Subscribe to The Fox Is Black and gift a paid subscription today.












I was so friggin happy to see the solar oven story here as i know the woman who brings them into communities, shes been independently doing this grassroots for YEARS with very little outside assistance, i bought one from her from a local farmers market years ago to use for natural dying. They are wonderful and fun! Safe cooking for kids too. Anyways yeah for people doing good in this world and persevering. And thank you for shining light on the good :)

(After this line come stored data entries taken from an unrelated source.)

-- ===== src/Controller/Repeats/Decisions.antt =====
-- A gate that is decided again.
use dvk_claude.Common.{
  String, ◌≡◌, refl, sym, ap, ◌∙◌, subst, true, Option, none, some, List, [], ◌∷◌, ◌++◌, eq_refl,
  arith, Option-cases, Bool-cases, inl, inr, if◌then◌else◌,
}
use dvk_claude.Result.{
  Result, ok, err, gate_conflict, ◌>>=◌, IsOk, IsOk-eq-ok, raise_if-eq-ok, Ensures, Ensures-ok,
  Ensures-err, Ensures-bind,
}
use dvk_claude.Json.{Value, string}
use dvk_claude.Table.{find, update}
use dvk_claude.Table.Laws.{key-find, find-update}
use dvk_claude.Controller.Schema.{
  State, Job, Decision, approved, rejected, GateDecision, Db, Env, job_key, event,
}
use dvk_claude.Controller.Gates.{
  resolve_gate, decide_gate, repeat_decision, record_decision, new_decision, find_decision,
  resolve_job, log_decision, decision_eq, names_other, required_text, check_actor, check_note,
}
use dvk_claude.Controller.Repeats.Tasks.{first-append}

-- The gate of the job has been decided, as `d` says.
abbrev pub IsDecided : String → String → Decision → GateDecision → Db → Type 0
IsDecided id gate decision d db =
    ((j : Job) × (find job_key id db.jobs ≡ some j))
    × (find_decision id gate db.gate_decisions ≡ some d)
    × (decision_eq d.decision decision ≡ true)

repeat-IsDecided :
    (id gate : String) (j : Job) (d : GateDecision) (decision : Decision) (source : Value) (db : Db)
    → find job_key id db.jobs ≡ some j
    → find_decision id gate db.gate_decisions ≡ some d
    → Ensures (λ r. IsDecided id gate decision r.0 r.1) (repeat_decision d decision source db)
unfolding repeat_decision
repeat-IsDecided id gate j d decision source db f e =
    Ensures-bind _ _
      λ _ _. Ensures-bind _ _ λ _ n. Ensures-ok _ ((j, f), e, ground (arith, raise_if-eq-ok _ _ n))

pub decision_eq-eq : (d e : Decision) → decision_eq d e ≡ true → d ≡ e
decision_eq-eq approved approved h = refl
decision_eq-eq rejected rejected h = refl
decision_eq-eq approved rejected h = cc
decision_eq-eq rejected approved h = cc

decision_eq_refl : (d : Decision) → decision_eq d d ≡ true
decision_eq_refl approved = refl
decision_eq_refl rejected = refl

find_decision-append :
    (id gate : String) (d : GateDecision) (ds : List GateDecision)
    → d.job_id ≡ id
    → d.gate ≡ gate
    → find_decision id gate ds ≡ none
    → find_decision id gate (ds ++ d ∷ []) ≡ some d
unfolding find_decision
find_decision-append id gate d ds e f n =
    first-append _ ds d n ∙ rw (e, f, eq_refl id, eq_refl gate) refl

find-resolved :
    (id : String) (job : Job) (jobs : List Job) (f : Job → Job)
    → ((j : Job) → job_key (f j) ≡ job_key j)
    → find job_key id jobs ≡ some job
    → find job_key id (update job_key job.job_id f jobs) ≡ some (f job)
find-resolved id job jobs f keeps e = ground (
  arith,
  find-update job_key id job.job_id f jobs keeps,
  key-find job_key id jobs job e,
  eq_refl id,
)

resolve_job-key : (target : State) (j : Job) → job_key (resolve_job target j) ≡ job_key j
unfolding resolve_job
resolve_job-key target j = ground arith

record-IsDecided :
    (env : Env) (id gate : String) (job : Job) (decision : Decision) (actor : String)
    (why : Option String) (source : String) (db : Db)
    → find job_key id db.jobs ≡ some job
    → find_decision id gate db.gate_decisions ≡ none
    → let d = new_decision env job gate decision actor why source in
      IsDecided id gate decision d (record_decision env d db).1
unfolding record_decision resolve_job log_decision event
record-IsDecided env id gate job decision actor why source db f n = (
  (_, find-resolved id job db.jobs _ (resolve_job-key _) f),
  find_decision-append id gate _ db.gate_decisions (key-find job_key id db.jobs job f) refl n,
  decision_eq_refl decision,
)

decide-IsDecided :
    (env : Env) (id gate : String) (job : Job) (decision : Decision) (source : Value)
    (actor : String) (why : Option String) (db : Db)
    → find job_key id db.jobs ≡ some job
    → Ensures
        (λ r. IsDecided id gate decision r.0 r.1)
        (decide_gate env job gate decision source actor why db)
unfolding decide_gate
decide-IsDecided env id gate job decision source actor why db f =
    let same = key-find job_key id db.jobs job f in
    elim (Option-cases (find_decision job.job_id gate db.gate_decisions)) [
      | inl e ↦
          rw (e, decide_gate)
            (Ensures-bind _ _ λ run_id _. Ensures-ok _ (
              record-IsDecided env id gate job decision actor why run_id db f
                (subst (λ i. find_decision i gate db.gate_decisions ≡ none) same e)))
      | inr (d, e) ↦
          rw (e, decide_gate)
            (repeat-IsDecided id gate job d decision source db f
              (subst (λ i. find_decision i gate db.gate_decisions ≡ some d) same e))
    ]

pub required_text-eq : (s t : String) → required_text (string s) ≡ ok t → s ≡ t
required_text-eq s t h = ground (arith, h)

-- Both names are given, and the gate is decided.
abbrev pub IsAnswered : String → String → Decision → GateDecision → Db → Type 0
IsAnswered id gate decision d db =
    (required_text (string id) ≡ ok id)
    × (required_text (string gate) ≡ ok gate)
    × IsDecided id gate decision d db

pub resolve_gate-IsAnswered :
    (env : Env) (id gate : String) (decision : Decision) (source actor why : Value) (db : Db)
    → Ensures
        (λ r. IsAnswered id gate decision r.0 r.1)
        (resolve_gate env (string id) (string gate) decision source actor why db)
unfolding resolve_gate
resolve_gate-IsAnswered env id gate decision source actor why db = Ensures-bind _ _ λ i e.
    Ensures-bind _ _ λ name n. Ensures-bind _ _ λ who _. Ensures-bind _ _ λ reason _.
      let same = required_text-eq id i e in
      let same_gate = required_text-eq gate name n in
      elim (Option-cases (find job_key i db.jobs)) [
        | inl f ↦ rw f (Ensures-err _)
        | inr (job, f) ↦ rw f (record {
          holds = λ r h. (
            e ∙ ap ok (sym same),
            n ∙ ap ok (sym same_gate),
            rw (same, same_gate)
                ((decide-IsDecided env i name job decision source who reason db f).holds r h),
          );
        })
      ]

-- What a second decision on the gate is answered with.
abbrev pub reply : Decision → Value → GateDecision → Db → Result (GateDecision × Db)
reply other source d db =
    if names_other source d.source_run_id
    then err (gate_conflict "source_run_id does not match the resolved gate")
    else if decision_eq d.decision other
    then ok (d, db)
    else err (gate_conflict "gate already resolved")

repeat_decision-reply :
    (d : GateDecision) (other : Decision) (source : Value) (db : Db)
    → repeat_decision d other source db ≡ reply other source d db
unfolding repeat_decision ◌>>=◌
repeat_decision-reply d other source db = elim (Bool-cases (names_other source d.source_run_id)) [
  | inl n ↦ rw n refl
  | inr n ↦ elim (Bool-cases (decision_eq d.decision other)) [
    | inl e ↦ rw (n, e) refl
    | inr e ↦ rw (n, e) refl
  ]
]

decide_again :
    (env : Env) (gate : String) (j : Job) (other : Decision) (source : Value) (who : String)
    (reason : Option String) (d : GateDecision) (db : Db)
    → find_decision j.job_id gate db.gate_decisions ≡ some d
    → decide_gate env j gate other source who reason db ≡ reply other source d db
unfolding decide_gate
decide_again env gate j other source who reason d db found =
    rw (found, decide_gate) (repeat_decision-reply d other source db)

-- A decision on a gate that is decided.
answered_again :
    (later : Env) (id gate : String) (decision other : Decision) (source actor why : Value)
    (who : String) (reason : Option String) (d : GateDecision) (db : Db)
    → IsAnswered id gate decision d db
    → check_actor actor ≡ ok who
    → check_note why ≡ ok reason
    → resolve_gate later (string id) (string gate) other source actor why db
      ≡ reply other source d db
unfolding resolve_gate ◌>>=◌
answered_again later id gate decision other source actor why who reason d db k a w =
    let (i, g, ((j, f), e, q)) = k in
    let found =
      subst (λ k. find_decision k gate db.gate_decisions ≡ some d)
        (sym (key-find job_key id db.jobs j f)) e in
    rw (i, g, a, w, f) (decide_again later gate j other source who reason d db found)

-- When an operator has approved or rejected a gate, and the next call sends the same decision, with any
-- valid actor and note, and with the run that the first was about or none, it is answered with the first
-- decision and changes nothing. One that names another run is refused as a conflict, and so is the
-- opposite decision.
pub resolve_gate-resolve_gate :
    (env later : Env) (id gate : String) (decision other : Decision)
    (source source' actor actor' why why' : Value) (db : Db)
    → IsOk (check_actor actor')
    → IsOk (check_note why')
    → Ensures
        (λ r. resolve_gate later (string id) (string gate) other source' actor' why' r.1 ≡ (
          if names_other source' r.0.source_run_id
          then err (gate_conflict "source_run_id does not match the resolved gate")
          else if decision_eq decision other
          then ok r
          else err (gate_conflict "gate already resolved")))
        (resolve_gate env (string id) (string gate) decision source actor why db)
resolve_gate-resolve_gate env later id gate decision other source source' actor actor' why why' db a
      w =
    let (who, p) = IsOk-eq-ok (check_actor actor') a in
    let (reason, q) = IsOk-eq-ok (check_note why') w in
    record {
      holds = λ r h.
          let k = (resolve_gate-IsAnswered env id gate decision source actor why db).holds r h in
          answered_again later id gate decision other source' actor' why' who reason r.0 r.1 k p q
          ∙ rw (decision_eq-eq r.0.decision decision k.2.2) refl;
    }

The scariest thing about brands that try to act cool for me is how many people fell for it. At this point I prefer a faceless corporation like PG or Unilever who don't act as my friend or don't act funny, but simply make products - at least they're honest about our relationship - they make products, I buy them. I don't find them cool, but I don't need to.
The 2nd scariest thing is how much of internet at this point is branded - I probably consume only like, idk, 1% of content that is not branded. TikTok and IG are literal ad apps - you either consume branded organic or paid content, YT is the same 10 sponsors, so are podcasts. Maybe I should put a screen on my door and let ads run on it so I can have a piece of that cake.